[LEDE-DEV] [PATCH] procd: stop service using SIGKILL if SIGTERM failed to do so
John Crispin
john at phrozen.org
Thu Feb 9 02:54:08 PST 2017
Hi,
i know that someone else is about to send a fix for the same issue but
with a different approach of fixing it. i'd like to wait for this 2nd
patch to arrive before we decide which to merge
John
On 09/02/2017 11:02, Alin Nastac wrote:
> SIGKILL is sent if instance process is still running after
> <term_timeout> seconds after SIGTERM has been sent.

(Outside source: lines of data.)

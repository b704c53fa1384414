-- ===== src/Aggregate/Entities/Root/Decomposing.antt =====
-- The events of `Event.decompose`, applied one after the other.
use minos_python.Base.{
  ℕ, ◌≡◌, refl, ap, ◌∙◌, true, false, not, Option, none, some, List, [], ◌∷◌, map, arith, ◌==◌,
  is_empty, Result, return, raise, and_then, Action, pure, modify, raise_if, ◌>>◌, inl, inr,
  Bool-cases,
}
use minos_python.Aggregate.Entities.Events.{
  FieldValue, RootEntity, FieldDiff, name_of, Groups, append_to, group_from, chain_groups, Event,
  ModelError, value_error, attribute_error, find_field, flatten_values, decompose,
}
use minos_python.Aggregate.Entities.Root.{
  set_field, changed_value, assign, apply_fields, apply_diff, apply_events,
}

-- The entity after a call that returns, or the exception.
abbrev pub outcome : Result ModelError Unit × RootEntity → Result ModelError RootEntity
outcome (return _, r) = return r
outcome (raise x, r) = raise x

abbrev stamp : Event → RootEntity → RootEntity
stamp e r = record r { version = e.version; updated_at = e.created_at }

abbrev one : Event → FieldDiff → Event
one e d = record e { fields_diff = d ∷ [] }

abbrev rest_of : Event → List FieldDiff → Action RootEntity ModelError Unit
rest_of e ds = apply_fields ds >> modify (stamp e)

abbrev put : ℕ → FieldValue → RootEntity → RootEntity
put n v r = record r { fields = set_field n v r.fields }

abbrev new_value : FieldDiff → RootEntity → Option FieldValue
new_value d r = changed_value d (find_field (name_of d) r.fields)

abbrev assigned : Event → ℕ → Option FieldValue → RootEntity → Result ModelError Unit × RootEntity
assigned e n none r = (raise attribute_error, r)
assigned e n (some v) r = (return tt, stamp e (put n v r))

assign-assigned :
    (e : Event) (n : ℕ) (o : Option FieldValue) (r : RootEntity)
    → ((assign n o >> pure tt) >> modify (stamp e)) r ≡ assigned e n o r
assign-assigned e n none r = refl
assign-assigned e n (some v) r = refl

apply_diff-one :
    (e : Event) (d : FieldDiff) (r : RootEntity)
    → (r.uuid == e.uuid) ≡ true
    → apply_diff (one e d) r ≡ assigned e (name_of d) (new_value d r) r
unfolding apply_diff
apply_diff-one e d r same =
    let flat : flatten_values (d ∷ []) ≡ d ∷ [] = refl in
    rw same (assign-assigned e (name_of d) (new_value d r) r)

-- The first event, before or after the entity has its new version, and then the others.
first_event :
    (e : Event) (n : ℕ) (o : Option FieldValue) (ds : List FieldDiff)
    (k : Action RootEntity ModelError Unit) (r r₀ : RootEntity)
    → stamp e r₀ ≡ stamp e r
    → ((v : FieldValue) → outcome (k (stamp e (put n v r))) ≡ outcome (rest_of e ds (put n v r)))
    → outcome (and_then (assigned e n o r₀).0 (λ _. k) (assigned e n o r₀).1)
      ≡ outcome (((assign n o >> apply_fields ds) >> modify (stamp e)) r)
first_event e n none ds k r r₀ same rest = refl
first_event e n (some v) ds k r r₀ same rest =
    ap (λ (s : RootEntity). outcome (k (put n v s))) same ∙ rest v

-- The diffs that remain, where the entity has its new version already.
apply_events-one :
    (e : Event) (ds : List FieldDiff) (r : RootEntity)
    → (r.uuid == e.uuid) ≡ true
    → outcome (apply_events (map (one e) ds) (stamp e r)) ≡ outcome (rest_of e ds r)
apply_events-one e [] r same = refl
apply_events-one e (d ∷ ds) r same =
    let k = apply_events (map (one e) ds) in
    ap (λ (q : Result ModelError Unit × RootEntity). outcome (and_then q.0 (λ _. k) q.1))
      (apply_diff-one e d (stamp e r) same)
    ∙ first_event e (name_of d) (new_value d r) ds k r (stamp e r) refl
        (λ v. apply_events-one e ds (put (name_of d) v r) same)

apply_events-ones :
    (e : Event) (d : FieldDiff) (ds : List FieldDiff) (r : RootEntity)
    → (r.uuid == e.uuid) ≡ true
    → outcome (apply_events (map (one e) (d ∷ ds)) r) ≡ outcome (rest_of e (d ∷ ds) r)
apply_events-ones e d ds r same =
    let k = apply_events (map (one e) ds) in
    ap (λ (q : Result ModelError Unit × RootEntity). outcome (and_then q.0 (λ _. k) q.1))
      (apply_diff-one e d r same)
    ∙ first_event e (name_of d) (new_value d r) ds k r r refl
        (λ v. apply_events-one e ds (put (name_of d) v r) same)

append_to_filled : (d : FieldDiff) (gs : Groups) → is_empty (chain_groups (append_to d gs)) ≡ false
append_to_filled d [] = refl
append_to_filled d ((k, []) ∷ gs) = ground (arith, append_to_filled d gs)
append_to_filled d ((k, x ∷ ds) ∷ gs) = ground arith

group_from_filled :
    (gs : Groups) (ds : List FieldDiff)
    → is_empty (chain_groups gs) ≡ false
    → is_empty (chain_groups (group_from gs ds)) ≡ false
group_from_filled gs [] h = h
group_from_filled gs (d ∷ ds) h = group_from_filled (append_to d gs) ds (append_to_filled d gs)

flatten_filled : (ds : List FieldDiff) → is_empty ds ≡ false → is_empty (flatten_values ds) ≡ false
flatten_filled [] h = absurd (cc h)
flatten_filled (d ∷ ds) h = group_from_filled (append_to d []) ds refl

apply_diff-other :
    (e : Event) (r : RootEntity)
    → (r.uuid == e.uuid) ≡ false
    → apply_diff e r ≡ (raise value_error, r)
unfolding apply_diff
apply_diff-other e r other = rw other

outcome-apply_events :
    (e : Event) (ds : List FieldDiff) (r : RootEntity)
    → is_empty ds ≡ false
    → outcome (apply_events (map (one e) ds) r)
      ≡ outcome ((raise_if (not (r.uuid == e.uuid)) value_error >> rest_of e ds) r)
outcome-apply_events e [] r h = absurd (cc h)
outcome-apply_events e (d ∷ ds) r h = elim (Bool-cases (r.uuid == e.uuid)) [
  | inl same ↦ apply_events-ones e d ds r same ∙ rw same
  | inr other ↦
      ap
        (λ (q : Result ModelError Unit × RootEntity).
          outcome (and_then q.0 (λ _. apply_events (map (one e) ds)) q.1))
        (apply_diff-other (one e d) r other)
      ∙ rw other
]

-- The events into which an event is decomposed, applied one after the other, give what the event
-- gives: the same entity, or the same exception. The event has at least one diff.
pub apply_events-decompose :
    (e : Event) (r : RootEntity)
    → is_empty e.fields_diff ≡ false
    → outcome (apply_events (decompose e) r) ≡ outcome (apply_diff e r)
unfolding decompose apply_diff
apply_events-decompose e r h =
    outcome-apply_events e (flatten_values e.fields_diff) r (flatten_filled e.fields_diff h)
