-- ===== src/Aggregate/Entities/Root/Differences.antt =====
-- The difference of two versions of a root entity leads from the old one to the new one.
use minos_python.Base.{
  ℕ, ◌≡◌, refl, sym, ap, subst, ◌∙◌, true, Option, none, some, List, [], ◌∷◌, ◌++◌, arith, ◌==◌,
  ==_refl, if◌then◌else◌, ltb, Result, return, and_then, inl, inr, Bool-cases, Option-cases, modify,
}
use minos_python.Aggregate.Store.{update}
use minos_python.Aggregate.Entities.Sets.{is_some}
use minos_python.Aggregate.Entities.Events.{
  FieldValue, Fields, RootEntity, FieldDiff, Groups, Event, ModelError, find_field, field_changes,
  extend, chain_changes, diff_fields, container_from_difference, chain_groups, flatten_values,
  fill_container, with_diffs, event_from_difference, event_of, latest,
}
use minos_python.Aggregate.Entities.Events.Grouping.{
  has_key, IsBlocks, flatten-blocks, new_container-blocks,
}
use minos_python.Aggregate.Entities.Root.{set_field, apply_fields, apply_diff, diff}
use minos_python.Aggregate.Entities.Root.Values.{SameMembers, SameKind, Leads, field-Leads}
use minos_python.Aggregate.Entities.Root.Blocks.{find-set_field, with_fields, apply_fields-block}

abbrev KindOf : FieldValue → Option FieldValue → Type 0
KindOf v none = ⊥
KindOf v (some w) = SameKind v w

-- Every field of the first instance is in the second, with a value of its kind; names are distinct.
abbrev pub IsCovered : Fields → Fields → Type 0
IsCovered [] b = Unit
IsCovered ((n, v) ∷ a) b = KindOf v (find_field n b) × (find_field n a ≡ none) × IsCovered a b

-- A field of the new instance, the field of that name in the old one, and what it has become.
abbrev pub Becomes : Option FieldValue → Option FieldValue → Option FieldValue → Type 0
Becomes none w w' = w' ≡ w
Becomes (some v) w none = ⊥
Becomes (some v) w (some v') = SameMembers v v'

abbrev Ready : Fields → Fields → RootEntity → Type 0
Ready a b r = (m : ℕ) → is_some (find_field m a) ≡ true → find_field m r.fields ≡ find_field m b

record Applied (a : Fields) (ds : List FieldDiff) (r : RootEntity) : Type 0 where
  fields : Fields
  runs : apply_fields ds r ≡ (return tt, with_fields r fields)
  becomes : (m : ℕ) → Becomes (find_field m a) (find_field m r.fields) (find_field m fields)

record Differs (a b : Fields) : Type 0 where
  blocks : Groups
  computed : diff_fields a b ≡ return (chain_groups blocks)
  distinct : IsBlocks blocks
  keys : (m : ℕ) → has_key m blocks ≡ is_some (find_field m a)
  applied : (r : RootEntity) → Ready a b r → Applied a (chain_groups blocks) r

nil-Differs : (b : Fields) → Differs [] b
unfolding diff_fields with_fields
nil-Differs b = record {
  blocks = [];
  computed = refl;
  distinct = tt;
  keys = λ m. refl;
  applied = λ r ready. record { fields = r.fields; runs = refl; becomes = λ m. refl };
}

others_ready :
    (n : ℕ) (v v' : FieldValue) (a b fs : Fields) (m : ℕ) {after : Option FieldValue}
    → find_field n a ≡ none
    → (is_some (find_field m ((n, v) ∷ a)) ≡ true → find_field m fs ≡ find_field m b)
    → after ≡ (if n == m then some v' else find_field m fs)
    → is_some (find_field m a) ≡ true
    → after ≡ find_field m b
others_ready n v v' a b fs m new ready set has = elim (Bool-cases (n == m)) [
  | inl same ↦
      let e : n ≡ m = ground arith in
      absurd (cc (has, ap (λ k. is_some (find_field k a)) (sym e), ap is_some new))
  | inr other ↦ set ∙ rw other (ready (rw other has))
]

cons-Becomes :
    (n : ℕ) (v v' : FieldValue) (a : Fields) (m : ℕ) (old between after : Option FieldValue)
    → find_field n a ≡ none
    → SameMembers v v'
    → between ≡ (if n == m then some v' else old)
    → Becomes (find_field m a) between after
    → Becomes (find_field m ((n, v) ∷ a)) old after
cons-Becomes n v v' a m old between after new same set becomes = elim (Bool-cases (n == m)) [
  | inl here ↦
      let e : n ≡ m = ground arith in
      let kept : after ≡ between =
        subst (λ o. Becomes o between after) (sym (ap (λ k. find_field k a) e) ∙ new) becomes in
      let now : after ≡ some v' = kept ∙ set ∙ rw here in
      rw here (subst (λ o. Becomes (some v) old o) (sym now) same)
  | inr other ↦
      let moved : between ≡ old = set ∙ rw other in
      rw other (subst (λ o. Becomes (find_field m a) o after) moved becomes)
]

-- The first field has its new value after its diffs, and the diffs of the others keep it.
cons-Applied :
    (n : ℕ) (v w : FieldValue) (a b : Fields) (r : RootEntity) (here : Leads n v w)
    (rest : Differs a b)
    → find_field n b ≡ some w
    → find_field n a ≡ none
    → Ready ((n, v) ∷ a) b r
    → Applied ((n, v) ∷ a) (here.diffs ++ chain_groups rest.blocks) r
unfolding with_fields
cons-Applied n v w a b r here rest old new ready =
    let found : find_field n r.fields ≡ some w = ready n (rw (==_refl n)) ∙ old in
    let r₁ = with_fields r (set_field n here.result r.fields) in
    let set : (m : ℕ)
        → find_field m r₁.fields ≡ (if n == m then some here.result else find_field m r.fields) =
      λ m. find-set_field n m here.result w r.fields found in
    let others =
      rest.applied r₁ (λ m. others_ready n v here.result a b r.fields m new (ready m) (set m)) in
    record {
      fields = others.fields;
      runs =
          apply_fields-block n here.diffs (chain_groups rest.blocks) r w here.result here.block.0
            found here.applied
          ∙ others.runs;
      becomes = λ m.
          cons-Becomes n v here.result a m (find_field m r.fields) (find_field m r₁.fields)
            (find_field m others.fields) new here.same (set m) (others.becomes m);
    }

cons-Differs :
    (n : ℕ) (v w : FieldValue) (a b : Fields)
    → SameKind v w
    → find_field n b ≡ some w
    → find_field n a ≡ none
    → Differs a b
    → Differs ((n, v) ∷ a) b
unfolding diff_fields
cons-Differs n v w a b kind old new rest =
    let here = field-Leads n v w kind in
    record {
      blocks = (n, here.diffs) ∷ rest.blocks;
      computed =
          ap (λ o. chain_changes (field_changes n v o) (diff_fields a b)) old
          ∙ ap (λ c. chain_changes c (diff_fields a b)) here.computed
          ∙ ap (extend here.diffs) rest.computed;
      distinct = (here.block, rest.keys n ∙ ap is_some new, rest.distinct);
      keys = λ m. ground (arith, rest.keys m);
      applied = λ r ready. cons-Applied n v w a b r here rest old new ready;
    }

covered-Differs : (a b : Fields) → IsCovered a b → Differs a b
covered-Differs [] b h = nil-Differs b
covered-Differs ((n, v) ∷ a) b h = elim (Option-cases (find_field n b)) [
  | inl missing ↦ absurd (subst (KindOf v) missing h.0)
  | inr (w, found) ↦
      cons-Differs n v w a b (subst (KindOf v) found h.0) found h.1 (covered-Differs a b h.2)
]

container-Differs :
    (a b : Fields) (d : Differs a b)
    → container_from_difference a b ≡ return (chain_groups d.blocks)
unfolding container_from_difference
container-Differs a b d = ap fill_container d.computed ∙ new_container-blocks d.blocks d.distinct

uuid-latest : (a b : RootEntity) → a.uuid ≡ b.uuid → (latest a b).uuid ≡ b.uuid
uuid-latest a b same = elim (Bool-cases (ltb b.version a.version)) [
  | inl later ↦ rw later same
  | inr sooner ↦ rw sooner
]

diff-runs :
    (a b : RootEntity) (ds : List FieldDiff)
    → a.uuid ≡ b.uuid
    → container_from_difference a.fields b.fields ≡ return ds
    → diff a b ≡ return (event_of (latest a b) update ds)
unfolding diff event_from_difference
diff-runs a b ds same computed =
    let equal : (a.uuid == b.uuid) ≡ true = ground arith in
    rw equal (ap (with_diffs (latest a b) update) computed)

apply_diff-runs :
    (e : Event) (r : RootEntity) (fs : Fields)
    → (r.uuid == e.uuid) ≡ true
    → apply_fields (flatten_values e.fields_diff) r ≡ (return tt, with_fields r fs)
    → apply_diff e r
      ≡ (return tt, record r { version = e.version; updated_at = e.created_at; fields = fs })
unfolding apply_diff with_fields
apply_diff-runs e r fs same runs = rw same (
    ap
      (λ (q : Result ModelError Unit × RootEntity).
        and_then q.0
          (λ _.
            modify
              (λ (s : RootEntity). record s { version = e.version; updated_at = e.created_at }))
          q.1)
      runs)

-- `apply_diff` of a difference: every field of the newer instance has its value, as a set of members
-- where it is a set, and every other field is as it was. The version and the time of the update are
-- those of the instance with the larger version. The two instances have one identifier; the names
-- of the fields of the newer one are distinct, and the older one has these fields with values of the
-- same kind, entity sets with distinct identifiers.
pub apply_diff-diff :
    (a b : RootEntity)
    → a.uuid ≡ b.uuid
    → IsCovered a.fields b.fields
    → (e : Event) × (s : RootEntity) × (diff a b ≡ return e)
      × (apply_diff e b ≡ (return tt, s))
      × ((n : ℕ) → Becomes (find_field n a.fields) (find_field n b.fields) (find_field n s.fields))
      × (s.version ≡ (latest a b).version)
      × (s.updated_at ≡ (latest a b).updated_at)
unfolding diff event_from_difference apply_diff with_fields
apply_diff-diff a b same covered =
    let d = covered-Differs a.fields b.fields covered in
    let done = d.applied b (λ m h. refl) in
    let e = event_of (latest a b) update (chain_groups d.blocks) in
    let s = record b {
      version = (latest a b).version;
      updated_at = (latest a b).updated_at;
      fields = done.fields;
    } in
    (
      e,
      s,
      diff-runs a b (chain_groups d.blocks) same (container-Differs a.fields b.fields d),
      apply_diff-runs e b done.fields (rw (uuid-latest a b same, ==_refl b.uuid))
          (ap (λ ds. apply_fields ds b) (flatten-blocks d.blocks d.distinct) ∙ done.runs),
      done.becomes,
      refl,
      refl,
    )
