-- ===== src/Aggregate/Events.antt =====
-- events/: the repository of event entries.
pub mod Repository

To prevent
> another daemon process being launched before old process dies,
> the instance is kept until SIGCHLD confirms that service has
> been stopped.
>
> Signed-off-by: Alin Nastac <alin.nastac at gmail.com>
> ---
> service/instance.c | 44 +++++++++++++++++++++++++++++++++++++-------
> service/instance.h | 1 +
> service/service.c | 26 ++++++++++++++++----------
> service/service.h | 3 +++
> 4 files changed, 57 insertions(+), 17 deletions(-)
>
> diff --git a/service/instance.c b/service/instance.c
> index 018db3c..4d340fd 100644
> --- a/service/instance.c
> +++ b/service/instance.c
> @@ -55,6 +55,7 @@ enum {
> INSTANCE_ATTR_SECCOMP,
> INSTANCE_ATTR_PIDFILE,
> INSTANCE_ATTR_RELOADSIG,
> + INSTANCE_ATTR_TERMTIMEOUT,
> __INSTANCE_ATTR_MAX
> };
>
> @@ -79,6 +80,7 @@ static const struct blobmsg_policy instance_attr[__INSTANCE_ATTR_MAX] = {
> [INSTANCE_ATTR_SECCOMP] = { "seccomp", BLOBMSG_TYPE_STRING },
> [INSTANCE_ATTR_PIDFILE] = { "pidfile", BLOBMSG_TYPE_STRING },
> [INSTANCE_ATTR_RELOADSIG] = { "reload_signal", BLOBMSG_TYPE_INT32 },
> + [INSTANCE_ATTR_TERMTIMEOUT] = { "term_timeout", BLOBMSG_TYPE_INT32 },
> };
>
> enum {
> @@ -389,8 +391,16 @@ instance_start(struct service_instance *in)
> return;
> }
>
> - if (in->proc.pending || !in->command)
> + if (!in->command) {
> + LOG("Not starting instance %s::%s, command not set\n", in->srv->name, in->name);
> return;
> + }
> +
> + if (in->proc.pending) {
> + if (in->halt)
> + in->restart = true;
> + return;
> + }
>
> instance_free_stdio(in);
> if (in->_stdout.fd.fd > -2) {
> @@ -408,7 +418,7 @@ instance_start(struct service_instance *in)
> }
>
> in->restart = false;
> - in->halt = !in->respawn;
> + in->halt = false;
>
> if (!in->valid)
> return;
> @@ -494,7 +504,11 @@ instance_timeout(struct uloop_timeout *t)
>
> in = container_of(t, struct service_instance, timeout);
>
> - if (!in->halt && (in->restart || in->respawn))
> + if (in->halt) {
> + LOG("Instance %s::%s pid %d not stopped on SIGTERM, sending SIGKILL instead\n",
> + in->srv->name, in->name, in->proc.pid);
> + kill(in->proc.pid, SIGKILL);
> + } else if (in->restart || in->respawn)
> instance_start(in);
> }
>
> @@ -515,8 +529,19 @@ instance_exit(struct uloop_process *p, int ret)
> return;
>
> uloop_timeout_cancel(&in->timeout);
> + service_event("instance.stop", in->srv->name, in->name);
> +
> if (in->halt) {
> instance_removepid(in);
> + if (in->restart)
> + instance_start(in);
> + else {
> + struct service *s = in->srv;
> +
> + avl_delete(&s->instances.avl, &in->node.avl);
> + instance_free(in);
> + service_stopped(s);
> + }
> } else if (in->restart) {
> instance_start(in);
> } else if (in->respawn) {
> @@ -535,7 +560,6 @@ instance_exit(struct uloop_process *p, int ret)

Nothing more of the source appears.